Improving match probabilities using service reps. (a) Areas which maximize the effectiveness of service reps (blue), within a budget \(b=0.2\), for \(\rho _l=0.025\) and \(\rho =0.15\) (b) Average probability for a match \(\left\langle P_\rho \right\rangle\) as a function of the budget b, where \(\rho _l=0.025\) and \(\rho =0.15\). The orange line shows a linear improvement when the reps are assigned randomly. The blue dots show maximal improvement when the reps are allocated optimally. (c) The equivalent overall \(\rho\) which results in the same \(\left\langle P_\rho \right\rangle\) as an optimal allocation of reps within a given budget b.

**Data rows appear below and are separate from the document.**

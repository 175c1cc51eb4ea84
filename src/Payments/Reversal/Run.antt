-- ===== src/Payments/Reversal/Run.antt =====
-- What the reversal of a payment, and of a list of payments, makes of the store.
use openeos_api.Base.{
  ◌⊎◌, false, some, none, abs_ℕ, ℕ, suc, ◌≡◌, refl, ap, ℤ, pos, neg, ◌+ℤ◌, int_laws, neg_part,
  pos_part, Bool, true, Option, List, [], ◌∷◌, put, All, inl, inr, Bool-cases, ◌==◌, ◌&&◌, arith,
}
use openeos_api.Entities.{Order, Payment, Device, TseRequest, TseTransactionData}
use openeos_api.Store.{Store, Env, ok}
use openeos_api.Tse.{TseInput, reverse_transaction}
use openeos_api.Tse.Run.{record_transaction_run}
use openeos_api.Payments.Reversal.{
  is_failed, reversal_input, is_captured, captured_payments, save_payment, reversal_of,
  reverse_payment,
}
use openeos_api.Payments.Net.{
  IsFresh, IsFresh-put, put-fresh, net_of, net_captured, net_captured-reversal,
}
use openeos_api.Orders.Cancel.{reverse_all}

-- A reversal adds one row; who signed it, and whether, is left open.
pub reverse_payment_run :
    (env : Env) (org : ℕ) (o : Order) (pid : ℕ) (p : Payment) (s : Store)
    → (t : Option TseTransactionData) × (d : List (ℕ × Device)) × (g : List TseRequest)
      × (reverse_payment env org o pid p s ≡ (
        ok t,
        record s {
          devices = d;
          signed = g;
          next_id = suc s.next_id;
          payments = put s.next_id (reversal_of pid p t) s.payments;
        },
      ))
unfolding reverse_payment reverse_transaction save_payment
reverse_payment_run env org o pid p s =
    let signed : TseInput = record (reversal_input o p) { amount = neg (pos (abs_ℕ p.amount)) } in
    let (t, d, g, e) = record_transaction_run env org o.created_by_device_id signed s in
    (t, d, g, rw e)

abbrev pub OfOrder : ℕ → List (ℕ × Payment) → Type 0
OfOrder oid rows = All (λ row. row.1.order_id ≡ oid) rows

-- The store after a loop of reversals, which took the amounts of `rows` off the captured sum.
pub record Reversed (oid : ℕ) (rows : List (ℕ × Payment)) (s t : Store) : Type 0 where
  pub orders_eq : t.orders ≡ s.orders
  pub products_eq : t.products ≡ s.products
  pub movements_eq : t.movements ≡ s.movements
  pub members_eq : t.members ≡ s.members
  pub fresh : IsFresh t.next_id t.payments
  pub net_eq : net_captured oid t.payments +ℤ net_of rows ≡ net_captured oid s.payments

step_net : (a b c x y : ℤ) → a ≡ b +ℤ neg x → c +ℤ y ≡ a → c +ℤ (x +ℤ y) ≡ b
step_net a b c x y h k =
    let h1 = ap pos_part h in
    let h2 = ap neg_part h in
    let k1 = ap pos_part k in let k2 = ap neg_part k in omega (int_laws, h1, h2, k1, k2)

none_left : (a : ℤ) → a +ℤ pos 0 ≡ a
none_left a = omega int_laws

pub Reversed-nil : (oid : ℕ) (s : Store) → IsFresh s.next_id s.payments → Reversed oid [] s s
unfolding net_of
Reversed-nil oid s h = record {
  orders_eq = refl;
  products_eq = refl;
  movements_eq = refl;
  members_eq = refl;
  fresh = h;
  net_eq = none_left _;
}

pub Reversed-cons :
    (oid pid : ℕ) (p : Payment) (rows : List (ℕ × Payment)) (tse : Option TseTransactionData)
    (d : List (ℕ × Device)) (g : List TseRequest) (s u : Store)
    → IsFresh s.next_id s.payments
    → p.order_id ≡ oid
    → Reversed oid rows
        (record s {
          devices = d;
          signed = g;
          next_id = suc s.next_id;
          payments = put s.next_id (reversal_of pid p tse) s.payments;
        })
        u
    → Reversed oid ((pid, p) ∷ rows) s u
unfolding net_of
Reversed-cons oid pid p rows tse d g s u h e r = record {
  orders_eq = r.orders_eq;
  products_eq = r.products_eq;
  movements_eq = r.movements_eq;
  members_eq = r.members_eq;
  fresh = r.fresh;
  net_eq =
      step_net _ _ _ p.amount (net_of rows)
        (net_captured-reversal oid s.next_id pid p tse s.payments h e) r.net_eq;
}

pub IsFresh-next :
    (s : Store) (p : Payment)
    → IsFresh s.next_id s.payments
    → IsFresh (suc s.next_id) (put s.next_id p s.payments)
IsFresh-next s p h = rw (put-fresh s.next_id p s.payments h) (IsFresh-put s.next_id p s.payments h)

pub reverse_all_run :
    (env : Env) (org oid : ℕ) (o : Order) (rows : List (ℕ × Payment)) (s : Store)
    → OfOrder oid rows
    → IsFresh s.next_id s.payments
    → (t : Store) × (reverse_all env org o rows s ≡ (ok tt, t)) × Reversed oid rows s t
unfolding reverse_all
reverse_all_run env org oid o [] s q h = (s, refl, Reversed-nil oid s h)
reverse_all_run env org oid o ((pid, p) ∷ rows) s (mine, q) h =
    let (t, d, g, e) = reverse_payment_run env org o pid p s in
    let (u, f, r) =
      reverse_all_run env org oid o rows _ q (IsFresh-next s (reversal_of pid p t) h) in
    (u, rw (e, f), Reversed-cons oid pid p rows t d g s u h mine r)

pub captured_payments-OfOrder :
    (oid : ℕ) (rows : List (ℕ × Payment)) → OfOrder oid (captured_payments oid rows)
unfolding captured_payments
captured_payments-OfOrder oid [] = tt
captured_payments-OfOrder oid ((pid, p) ∷ rows) =
    elim (Bool-cases (p.order_id == oid && is_captured p.status)) [
      | inl e ↦ rw e (same p.order_id oid _ e, captured_payments-OfOrder oid rows)
      | inr e ↦ rw e (captured_payments-OfOrder oid rows)
    ]
  where
    same : (a b : ℕ) (c : Bool) → (a == b && c) ≡ true → a ≡ b
    same a b c h = ground arith

-- A signing attempt failed, or nothing stands against going on.
pub attempt_cases :
    (t : Option TseTransactionData)
    → (is_failed t ≡ false) ⊎ ((d : TseTransactionData) × (t ≡ some d) × (d.failed ≡ true))
attempt_cases none = inl refl
attempt_cases (some d) = elim (Bool-cases d.failed) [ inl e ↦ inr (d, refl, e) | inr e ↦ inl e ]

To further demonstrate the effectiveness of service reps, we compare two ways to increase the match probability: the first is allocation reps as discussed, and the second is reducing the overall uncertainty of the population through means such as educational or citizen involvement programs. Panel c shows, for each budget, what is the uncertainty \(\rho\) that is equivalent to b percentage of the population meetings with reps. A budget that allows meeting reps for 20% of the population increases \(\left\langle P_\rho \right\rangle\) from 0.8 to 0.88, which is equivalent to reducing \(\rho\) for the entire population from 0.3 to 0.18. While in practice such a change in the entire population might require long term educational and citizen involvement programs, the same result could be obtained by providing a relatively simple, easy to operate, front-desk service to a pre-targeted population.

Discussion

This paper deals with the overall impact of decisions, when individuals choose between alternatives, but have uncertainty as to the level of attributes that match their preferences.

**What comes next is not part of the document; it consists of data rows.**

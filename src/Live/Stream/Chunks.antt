-- ===== src/Live/Stream/Chunks.antt =====
-- However the stream is cut into chunks, the messages are those of the whole text.
use memos_note.Common.{
  ◌==◌, if◌then◌else◌, Bool-cases, Text, cons_piece, concat, ℕ, ◌≡◌, refl, sym, ap, ◌∙◌, inl, inr,
  false, ◌&&◌, Option, List, [], ◌∷◌, ◌++◌, append-nil, append_assoc,
}
use memos_note.Live.Stream.{
  newline, split_messages, pop, receive, receive_all, ChangeEvent, events_of_message,
  events_of_messages,
}

-- The pieces of a text are never none.
abbrev IsFull : List Text → Type 0
IsFull ms = (m : Text) × (rest : List Text) × (ms ≡ m ∷ rest)

split_messages-IsFull : (s : Text) → IsFull (split_messages s)
unfolding split_messages
split_messages-IsFull [] = ([], [], refl)
split_messages-IsFull (a ∷ []) = ((a ∷ []), [], refl)
split_messages-IsFull (a ∷ b ∷ s) = elim (Bool-cases ((a == newline) && (b == newline))) [
  | inl h ↦ ([], split_messages s, rw h refl)
  | inr h ↦ let (m, rest, e) = split_messages-IsFull (b ∷ s) in ((a ∷ m), rest, rw h (rw e refl))
]

pop-cons : (m : Text) (ms : List Text) → IsFull ms → pop (m ∷ ms) ≡ (m ∷ (pop ms).0, (pop ms).1)
unfolding pop
pop-cons m ms (n, rest, e) = rw e refl

pop-cons_piece :
    (a : ℕ) (ms : List Text) (m n : Text) (rest : List Text)
    → ms ≡ m ∷ n ∷ rest
    → pop (cons_piece a ms) ≡ (((a ∷ m) ∷ (pop (n ∷ rest)).0), (pop (n ∷ rest)).1)
unfolding pop
pop-cons_piece a ms m n rest e = rw e refl

first_piece : List Text → Text
first_piece [] = []
first_piece (m ∷ _) = m

other_pieces : List Text → List Text
other_pieces [] = []
other_pieces (_ ∷ ms) = ms

other_pieces-cons_piece :
    (a : ℕ) (ms : List Text) → other_pieces (cons_piece a ms) ≡ other_pieces ms
unfolding other_pieces
other_pieces-cons_piece a [] = refl
other_pieces-cons_piece a (m ∷ ms) = refl

first_piece-cons_piece :
    (a : ℕ) (ms : List Text) → first_piece (cons_piece a ms) ≡ a ∷ first_piece ms
unfolding first_piece
first_piece-cons_piece a [] = refl
first_piece-cons_piece a (m ∷ ms) = refl

-- A text that is one piece is that piece.
split_messages-single :
    (s : Text) → other_pieces (split_messages s) ≡ [] → first_piece (split_messages s) ≡ s
unfolding split_messages first_piece other_pieces
split_messages-single [] h = refl
split_messages-single (a ∷ []) h = refl
split_messages-single (a ∷ b ∷ s) h = elim (Bool-cases ((a == newline) && (b == newline))) [
  | inl e ↦
      let (m, rest, f) = split_messages-IsFull s in
      let nothing : split_messages s ≡ [] =
        ap
          (λ t.
            other_pieces
              (if t then [] ∷ split_messages s else cons_piece a (split_messages (b ∷ s))))
          (sym e)
        ∙ h in
      cc
  | inr e ↦
      let along = split_messages (b ∷ s) in
      let alone : other_pieces along ≡ [] =
        sym (other_pieces-cons_piece a along)
        ∙ (ap (λ t. other_pieces (if t then [] ∷ split_messages s else cons_piece a along)) (sym e)
            ∙ h) in
      rw e (first_piece-cons_piece a along ∙ ap (λ r. a ∷ r) (split_messages-single (b ∷ s) alone))
]

-- What is split of a text that is continued: the complete messages, and then what is split of the
-- rest with the continuation.
split_messages-append :
    (s t : Text)
    → split_messages (s ++ t)
      ≡ (pop (split_messages s)).0 ++ split_messages ((pop (split_messages s)).1 ++ t)
unfolding split_messages pop first_piece other_pieces
split_messages-append [] t = refl
split_messages-append (a ∷ []) t = refl
split_messages-append (a ∷ b ∷ s) t = elim (Bool-cases ((a == newline) && (b == newline))) [
  | inl e ↦ rw e (
      rw (pop-cons [] (split_messages s) (split_messages-IsFull s))
        (ap (λ r. [] ∷ r) (split_messages-append s t)))
  | inr e ↦ rest_of (split_messages-IsFull (b ∷ s)) e (split_messages-append (b ∷ s) t)
]
  where
    resumed : List Text → List Text
    resumed ms = (pop ms).0 ++ split_messages ((pop ms).1 ++ t)

    passed :
        (u : Text)
        → ((a == newline) && (b == newline)) ≡ false
        → split_messages (a ∷ b ∷ u) ≡ cons_piece a (split_messages (b ∷ u))
    passed u e = rw e refl

    rest_of :
        IsFull (split_messages (b ∷ s))
        → ((a == newline) && (b == newline)) ≡ false
        → split_messages ((b ∷ s) ++ t) ≡ resumed (split_messages (b ∷ s))
        → split_messages (a ∷ b ∷ (s ++ t)) ≡ resumed (split_messages (a ∷ b ∷ s))
    rest_of (m, [], f) e ih =
        let whole : split_messages (a ∷ b ∷ s) ≡ (a ∷ m) ∷ [] = passed s e ∙ ap (cons_piece a) f in
        let m-all : m ≡ b ∷ s =
          ap first_piece (sym f) ∙ split_messages-single (b ∷ s) (ap other_pieces f) in
        ap (λ u. split_messages ((a ∷ u) ++ t)) (sym m-all) ∙ ap resumed (sym whole)
    rest_of (m, n ∷ r, f) e ih =
        let whole : split_messages (a ∷ b ∷ s) ≡ (a ∷ m) ∷ n ∷ r =
          passed s e ∙ ap (cons_piece a) f in
        passed (s ++ t) e ∙ (ap (cons_piece a) (ih ∙ ap resumed f) ∙ ap resumed (sym whole))

IsFull-append : (ms ns : List Text) → IsFull ns → IsFull (ms ++ ns)
IsFull-append [] ns f = f
IsFull-append (m ∷ ms) ns f = (m, (ms ++ ns), refl)

pop-append : (ms ns : List Text) → IsFull ns → pop (ms ++ ns) ≡ (ms ++ (pop ns).0, (pop ns).1)
pop-append [] ns f = refl
pop-append (m ∷ ms) ns f =
    pop-cons m (ms ++ ns) (IsFull-append ms ns f) ∙ ap (λ r. (m ∷ r.0, r.1)) (pop-append ms ns f)

-- After a text that was received, what its continuation in chunks gives with what it gave.
continued :
    (chunks : List Text) (s : Text)
    → (
      (pop (split_messages s)).0 ++ (receive_all chunks (pop (split_messages s)).1).0,
      (receive_all chunks (pop (split_messages s)).1).1,
    )
      ≡ pop (split_messages (s ++ concat chunks))
unfolding receive_all receive
continued [] s = rw (append-nil (pop (split_messages s)).0) (rw (append-nil s) refl)
continued (c ∷ chunks) s =
    ap (λ r. ((pop (split_messages s)).0 ++ r.0, r.1))
      (continued chunks ((pop (split_messages s)).1 ++ c))
    ∙ (ap
          (λ u.
            ((pop (split_messages s)).0 ++ (pop (split_messages u)).0, (pop (split_messages u)).1))
          (append_assoc (pop (split_messages s)).1 c (concat chunks))
        ∙ sym (
            ap pop (split_messages-append s (c ++ concat chunks))
            ∙ pop-append (pop (split_messages s)).0 _ (split_messages-IsFull _)))

module _ (parse : Text → Option ChangeEvent) where
  pub events_of_messages-append :
      (ms ns : List Text)
      → events_of_messages parse (ms ++ ns)
        ≡ events_of_messages parse ms ++ events_of_messages parse ns
  unfolding events_of_messages
  events_of_messages-append [] ns = refl
  events_of_messages-append (m ∷ ms) ns =
      ap (λ r. events_of_message parse m ++ r) (events_of_messages-append ms ns)
      ∙ sym (
          append_assoc (events_of_message parse m) (events_of_messages parse ms)
            (events_of_messages parse ns))

-- However a stream is cut into chunks: the messages that are taken off it, and what stays in the
-- buffer, are those of the whole text at once.
pub receive_all-concat :
    (chunks : List Text) → receive_all chunks [] ≡ pop (split_messages (concat chunks))
unfolding pop split_messages
receive_all-concat chunks = continued chunks []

We add to previous literature by suggesting a continuous measure for the probability of a correct match, in a modeling framework that considers the entire set of alternatives, attributes, and individuals, and can help central planners in designing their policies. We describe the attribute space as a Voronoi tessellation and use rigorous analysis and numerical simulations to describe the probability for correct match in space as a function of the uncertainty, and to calculate the average percentage of matches. We find that the overall mismatch can be considerable even for low levels of uncertainty, and thus can be a concern for policy makers. We further explore a practice often used by central planners—allocating service representatives to help individuals obtain the correct decisions. We use numerical simulations to show that within a given budget, the allocation is most effective for individuals whose preferences are at a certain distance from the boundaries of a Voronoi cell—not too deep in the cell, but yet not too close to a boundary.

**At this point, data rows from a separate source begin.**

-- ===== src/Live/Connection/Reading.antt =====
-- What is done while a stream is read: the events are those of its whole text.
use memos_note.Common.{
  Text, concat, ◌≡◌, refl, sym, ap, ◌∙◌, true, Option, List, [], ◌∷◌, ◌++◌, append-nil,
  append_assoc,
}
use memos_note.Live.Connection.{reading, Live, Event, chunk_read, read_chunk, step, run}
use memos_note.Live.Stream.{
  split_messages, pop, receive, receive_all, ChangeEvent, events_of_messages,
}
use memos_note.Live.Events.{CacheCall, handle_sse_event, handle_sse_events}
use memos_note.Live.Stream.Chunks.{events_of_messages-append, receive_all-concat}

handle_sse_events-append :
    (es fs : List ChangeEvent)
    → handle_sse_events (es ++ fs) ≡ handle_sse_events es ++ handle_sse_events fs
unfolding handle_sse_events
handle_sse_events-append [] fs = refl
handle_sse_events-append (e ∷ es) fs =
    ap (λ r. handle_sse_event e ++ r) (handle_sse_events-append es fs)
    ∙ sym (append_assoc (handle_sse_event e) (handle_sse_events es) (handle_sse_events fs))

abbrev pub chunks_read : List Text → List Event
chunks_read [] = []
chunks_read (chunk ∷ chunks) = chunk_read chunk ∷ chunks_read chunks

module _ (parse : Text → Option ChangeEvent) (current_user_name : Option Text) where
  -- The calls that messages make.
  calls_of : List Text → List CacheCall
  calls_of messages = handle_sse_events (events_of_messages parse messages)

  calls_of-append : (ms ns : List Text) → calls_of (ms ++ ns) ≡ calls_of ms ++ calls_of ns
  unfolding calls_of
  calls_of-append ms ns =
      ap handle_sse_events (events_of_messages-append parse ms ns)
      ∙ handle_sse_events-append (events_of_messages parse ms) (events_of_messages parse ns)

  read_on :
      (chunk : Text) (l : Live)
      → l.phase ≡ reading
      → l.mounted ≡ true
      → let l' = step parse current_user_name l.phase (chunk_read chunk) l in
        (l'.phase ≡ reading)
        × (l'.mounted ≡ true)
        × (l'.buffer ≡ (receive chunk l.buffer).1)
        × (l'.calls ≡ l.calls ++ calls_of (receive chunk l.buffer).0)
  unfolding step read_chunk calls_of receive
  read_on chunk l h m = rw h (rw m (refl, refl, refl, refl))

  calls_read :
      (chunks : List Text) (l : Live)
      → l.phase ≡ reading
      → l.mounted ≡ true
      → (run parse current_user_name (chunks_read chunks) l).calls
        ≡ l.calls ++ calls_of (receive_all chunks l.buffer).0
  unfolding receive_all calls_of handle_sse_events events_of_messages
  calls_read [] l h m = sym (append-nil l.calls)
  calls_read (chunk ∷ chunks) l h m =
      let (h', m', b, k) = read_on chunk l h m in
      calls_read chunks (step parse current_user_name l.phase (chunk_read chunk) l) h' m'
      ∙ (ap
            (λ r.
              r
              ++ calls_of
                  (receive_all chunks
                    (step parse current_user_name l.phase (chunk_read chunk) l).buffer).0)
            k
          ∙ (ap
                (λ t.
                  (l.calls ++ calls_of (receive chunk l.buffer).0)
                  ++ calls_of (receive_all chunks t).0)
                b
              ∙ (append_assoc l.calls (calls_of (receive chunk l.buffer).0)
                    (calls_of (receive_all chunks (receive chunk l.buffer).1).0)
                  ∙ ap (λ r. l.calls ++ r)
                      (sym (
                        calls_of-append (receive chunk l.buffer).0
                          (receive_all chunks (receive chunk l.buffer).1).0)))))

  -- While a stream is read and the effect is mounted, from an empty buffer: however the text that came
  -- was cut into chunks, the calls on the cache are those of the events of the complete messages of
  -- the whole text, in their order.
  pub run-chunks_read :
      (chunks : List Text) (l : Live)
      → l.phase ≡ reading
      → l.mounted ≡ true
      → l.buffer ≡ []
      → (run parse current_user_name (chunks_read chunks) l).calls
        ≡ l.calls
          ++ handle_sse_events (events_of_messages parse (pop (split_messages (concat chunks))).0)
  unfolding calls_of
  run-chunks_read chunks l h m b =
      calls_read chunks l h m
      ∙ ap (λ r. l.calls ++ calls_of r.0) (ap (receive_all chunks) b ∙ receive_all-concat chunks)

This paper suggests several avenues for future research. First, one could re-examine our assumption on a uniform distribution of the population in the attribute space. Other distributions, such as bell-shaped distribution around a central value might diminish the impact of uncertainty (if, for example, there are several clusters of individuals and a single alternative is placed in the middle of each cluster), or alternatively enhance it (if preferences are centered around certain values, but the alternatives are scattered in space). An additional extension could be exploring the issue of capacity constraints—the scenario in which a mismatch could prevent another individual from being correctly matched. A third topic of interest would be endogenous sources of information, beside the reps, such as word-of-mouth from other users. Since this additional information also has uncertainty, it can hypothetically work in both directions and its influence on the reps allocation is not trivial.